鹤鸢抓着束缚阿哈双手的绳子,还是被撞得一颠一颠,像是老式大巴车在崎岖不平的山路上奔跑。
不过司机阿哈的驾驶技术娴熟,不仅能精准的找到路径,还能让大巴车完美契合道路,每一段路都行驶的游刃有余,开到最合适的地方。
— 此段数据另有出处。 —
-- ===== src/Daemon/Snapshot/Forgotten.antt =====
-- What becomes of a snapshot whose disks have been made, but are not in its status.
use ch_vmm.Prelude.{
  String, Bool, ◌≡◌, refl, sym, subst, ap, ◌∙◌, true, false, List, [], ◌∷◌, if◌then◌else◌,
}
use ch_vmm.Controller.Program.{
  Answer, done, not_found, already_exists, conflict, failed, ◌>>=◌, ◌>>◌, return,
}
use ch_vmm.Daemon.{Vm, Phase, Node}
use ch_vmm.Daemon.Reconcile.{is_mine}
use ch_vmm.Daemon.Snapshot.{
  Snapshot, SnapshotPhase, SnapshotStatus, get_snapshot, get_vm, get_disk, Trace, Server, State,
  set_phase,
}
use ch_vmm.Daemon.Snapshot.Reconcile.{
  Turn, Look, leave, proceed, started_if, reconcile_scheduled, reconcile_in_progress,
  reconcile_created, look_all, any_look, statuses, finish, reconcile_specified, reconcile_phase,
  written_if, conclude, update_vm_status, deferred, work, found_vm, found_snapshot, reconcile,
}
use ch_vmm.Daemon.Snapshot.Turns.{concluded}
use ch_vmm.Daemon.Snapshot.Bare.{
  Bare, bare, succeeds-Bare, bind-Bare, call-Bare, create_snapshot-Bare, spec-Bare,
}

module _ (server : Server) (node : Node) (vm : Vm) (st : ch_vmm.Daemon.Status)
    (snap : Snapshot) where
  started_if-Bare : (a : Answer) → Bare server (started_if server node vm st snap a)
  unfolding started_if
  started_if-Bare done = search bare
  started_if-Bare not_found = search bare
  started_if-Bare already_exists = search bare
  started_if-Bare conflict = search bare
  started_if-Bare failed = search bare

  finish-Bare : (ls : List Look) → Bare server (finish server node vm st snap ls)
  unfolding finish
  finish-Bare ls = search bare

  ended-Bare :
      (b : Bool)
      → Bare server (
          if b
          then (do set_phase SnapshotPhase.created; return (proceed false))
          else (do set_phase SnapshotPhase.failed; return (proceed true)))
  ended-Bare true = record { led = λ s e. e }
  ended-Bare false = record { led = λ s e. e }

  specified_if-Bare :
      (b : Bool)
      → Bare server (
          if b
          then (do set_phase SnapshotPhase.specified; return (proceed false))
          else return (proceed true))
  specified_if-Bare true = record { led = λ s e. e }
  specified_if-Bare false = record { led = λ s e. e }

  -- A status without disks has no disk to look at.
  specified-Bare : Bare server (reconcile_specified server node vm st snap)
  unfolding reconcile_specified look_all statuses
  specified-Bare = record {
    led = λ (m, t) e.
        rw (e, reconcile_specified, look_all, statuses)
          ((finish-Bare []).led (record m { status = record m.status { disks = [] } }, t) refl);
  }

  written_if-Bare : (a : Answer) (b : Bool) → Bare server (written_if server node vm st snap a b)
  unfolding written_if
  written_if-Bare done true = search bare
  written_if-Bare done false = search bare
  written_if-Bare conflict b = search bare
  written_if-Bare not_found b = search bare
  written_if-Bare already_exists b = search bare
  written_if-Bare failed b = search bare

  conclude-Bare : (turn : Turn) → Bare server (conclude server node vm st snap turn)
  unfolding conclude
  conclude-Bare (leave o) = search bare
  conclude-Bare (proceed b) = search (bare, written_if-Bare)

  work-ready :
      (s : State)
      → s.0.status.disks ≡ []
      → (work server node vm st snap SnapshotPhase.specified s).1.0.status.phase
        ≡ SnapshotPhase.ready
  unfolding work deferred reconcile_phase reconcile_specified look_all finish any_look
  work-ready s e =
      ap (λ x. x.0)
        (concluded server node vm st snap (reconcile_specified server node vm st snap) s)
      ∙ rw (e, reconcile_specified, look_all, finish, any_look) refl

  reconcile-ready :
      (s : State)
      → s.0.status.disks ≡ []
      → s.0.status.phase ≡ SnapshotPhase.specified
      → is_mine node st ≡ true
      → server.answer s.1 get_snapshot ≡ done
      → server.answer (get_snapshot ∷ s.1) get_vm ≡ done
      → (reconcile server node vm st snap s).1.0.status.phase ≡ SnapshotPhase.ready
  unfolding reconcile found_snapshot found_vm
  reconcile-ready (m, t) e p mine hs hv =
      rw (hs, reconcile, found_snapshot, hv, found_vm, mine)
        (subst
          (λ q.
            (work server node vm st snap q (m, get_vm ∷ get_snapshot ∷ t)).1.0.status.phase
            ≡ SnapshotPhase.ready)
          (sym p) (work-ready (m, get_vm ∷ get_snapshot ∷ t) e))

  module _ (made : (t : Trace) (n : String) → server.answer t (get_disk n) ≡ done) where
    phase-Bare : (p : SnapshotPhase) → Bare server (reconcile_phase server node vm st snap p)
    unfolding reconcile_phase reconcile_scheduled reconcile_in_progress reconcile_created
    phase-Bare SnapshotPhase.scheduled = search (bare, started_if-Bare)
    phase-Bare SnapshotPhase.in_progress =
        bind-Bare (succeeds-Bare (create_snapshot-Bare server vm st snap made)) ended-Bare
    phase-Bare SnapshotPhase.created =
        bind-Bare (succeeds-Bare (spec-Bare server vm st snap)) specified_if-Bare
    phase-Bare SnapshotPhase.specified = specified-Bare
    phase-Bare SnapshotPhase.failed = search bare
    phase-Bare SnapshotPhase.ready = search bare
    phase-Bare SnapshotPhase.other = search bare

    turn-Bare :
        (p : SnapshotPhase)
        → Bare server (do
          turn ← reconcile_phase server node vm st snap p
          conclude server node vm st snap turn)
    turn-Bare p = bind-Bare (phase-Bare p) conclude-Bare

    work-Bare : (p : SnapshotPhase) → Bare server (work server node vm st snap p)
    unfolding work deferred update_vm_status
    work-Bare SnapshotPhase.in_progress = record {
      led = λ s e. (turn-Bare SnapshotPhase.in_progress).led s e;
    }
    work-Bare SnapshotPhase.scheduled = turn-Bare SnapshotPhase.scheduled
    work-Bare SnapshotPhase.created = turn-Bare SnapshotPhase.created
    work-Bare SnapshotPhase.specified = turn-Bare SnapshotPhase.specified
    work-Bare SnapshotPhase.failed = turn-Bare SnapshotPhase.failed
    work-Bare SnapshotPhase.ready = turn-Bare SnapshotPhase.ready
    work-Bare SnapshotPhase.other = turn-Bare SnapshotPhase.other

    vm_found-Bare : (a : Answer) → Bare server (found_vm server node vm st snap a)
    unfolding found_vm
    vm_found-Bare done = search (bare, work-Bare)
    vm_found-Bare not_found = search bare
    vm_found-Bare already_exists = search bare
    vm_found-Bare conflict = search bare
    vm_found-Bare failed = search bare

    snapshot_found-Bare : (a : Answer) → Bare server (found_snapshot server node vm st snap a)
    unfolding found_snapshot
    snapshot_found-Bare done = search (bare, vm_found-Bare)
    snapshot_found-Bare not_found = search bare
    snapshot_found-Bare already_exists = search bare
    snapshot_found-Bare conflict = search bare
    snapshot_found-Bare failed = search bare

    forgotten :
        (s : State)
        → s.0.status.disks ≡ []
        → (reconcile server node vm st snap s).1.0.status.disks ≡ []
    unfolding reconcile
    forgotten s = (bind-Bare (call-Bare get_snapshot) snapshot_found-Bare).led s

-- A sequence of calls for one snapshot, by any daemons, each from the status that the last has left and
-- with the objects for all disks on the server, whatever else is answered.
pub data Calls (snap : Snapshot) (x : SnapshotStatus) : SnapshotStatus → Type 0 where
  no_call : Calls snap x x
  next_call :
      {y : SnapshotStatus} (server : Server) (node : Node) (vm : Vm) (st : ch_vmm.Daemon.Status)
      (v : Phase) (t : Trace)
      → ((t : Trace) (n : String) → server.answer t (get_disk n) ≡ done)
      → Calls snap x y
      → Calls snap x
          (reconcile server node vm st snap (record { vm_phase = v; status = y }, t)).1.0.status

module _ (snap : Snapshot) (x : SnapshotStatus) (bare : x.disks ≡ []) where
  Calls-bare : (y : SnapshotStatus) → Calls snap x y → y.disks ≡ []
  Calls-bare y no_call = bare
  Calls-bare y (next_call {y = z} server node vm st v t made calls) =
      forgotten server node vm st snap made (record { vm_phase = v; status = z }, t)
        (Calls-bare z calls)

  -- If a snapshot has no disks in its status, and the objects for its disks are there already, then after
  -- any calls of the daemon's reconciler of snapshots for it, however they are answered and end, a call
  -- that finds it specified, and its machine on this node, makes it ready with no disk in its status.
  pub disks_forgotten :
      (server : Server) (node : Node) (vm : Vm) (st : ch_vmm.Daemon.Status) (s : State)
      → Calls snap x s.0.status
      → ((t : Trace) (n : String) → server.answer t (get_disk n) ≡ done)
      → s.0.status.phase ≡ SnapshotPhase.specified
      → is_mine node st ≡ true
      → server.answer s.1 get_snapshot ≡ done
      → server.answer (get_snapshot ∷ s.1) get_vm ≡ done
      → let z = (reconcile server node vm st snap s).1.0.status in
        (z.phase ≡ SnapshotPhase.ready) × (z.disks ≡ [])
  disks_forgotten server node vm st s calls made p mine hs hv =
      let none_yet = Calls-bare s.0.status calls in
      (
        reconcile-ready server node vm st snap s none_yet p mine hs hv,
        forgotten server node vm st snap made s none_yet,
      )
减速带像是摆设一样,在重力的作用下几乎为零,只能徒劳的缠绕上去,又恋恋不舍的分开。
鹤鸢有种被绑住的人是自己的错觉。
阿哈被蒙了眼,嘴巴却总是精准的找到自己爱吃的食物,“啧啧”
的声音在这片空间响个不停。
甚至阿哈被绑住的手还能帮他抚慰。
两人都是一身汗,湿哒哒的水互相交换,又被打成难以消去的泡沫,堆积在交融处。
鹤鸢耳边是各种各样的水声,目之所至的地方洇迷一片。
这里是独属于他跟阿哈两个人的地方,怎么做都不会有人知道。
阿哈更不可能说出去。
他抖着手解开阿哈的束缚,软绵绵地说:“……我没力气了,你撑一下。”
其实拿里也能撑住,但腰太酸了,鹤鸢不想使劲。
阿哈从善如流地托住腰,翻身给鹤鸢腰下塞了个软枕。
“一切交给阿哈就好。”
祂期盼这一天期盼了太久。
从刚来这里、还是小孩子的鹤鸢开始就在期盼,像个痴汉一样盯着对方的一举一动,对那些能与鹤鸢欢愉的前夫哥们咬牙切齿。
偏偏这又是必须的。
如果只有阿哈一个,鹤鸢迟早会离开。
阿哈可以去找他,但阿哈不被那个世界接纳,只能当个旁观者。
有时候,星神也需要遵守规则。
所以阿哈想到了游戏入侵。
反正银河中未被大众所知的星球只多不少,多一个阿鸢所在的星球,又不是什么难事。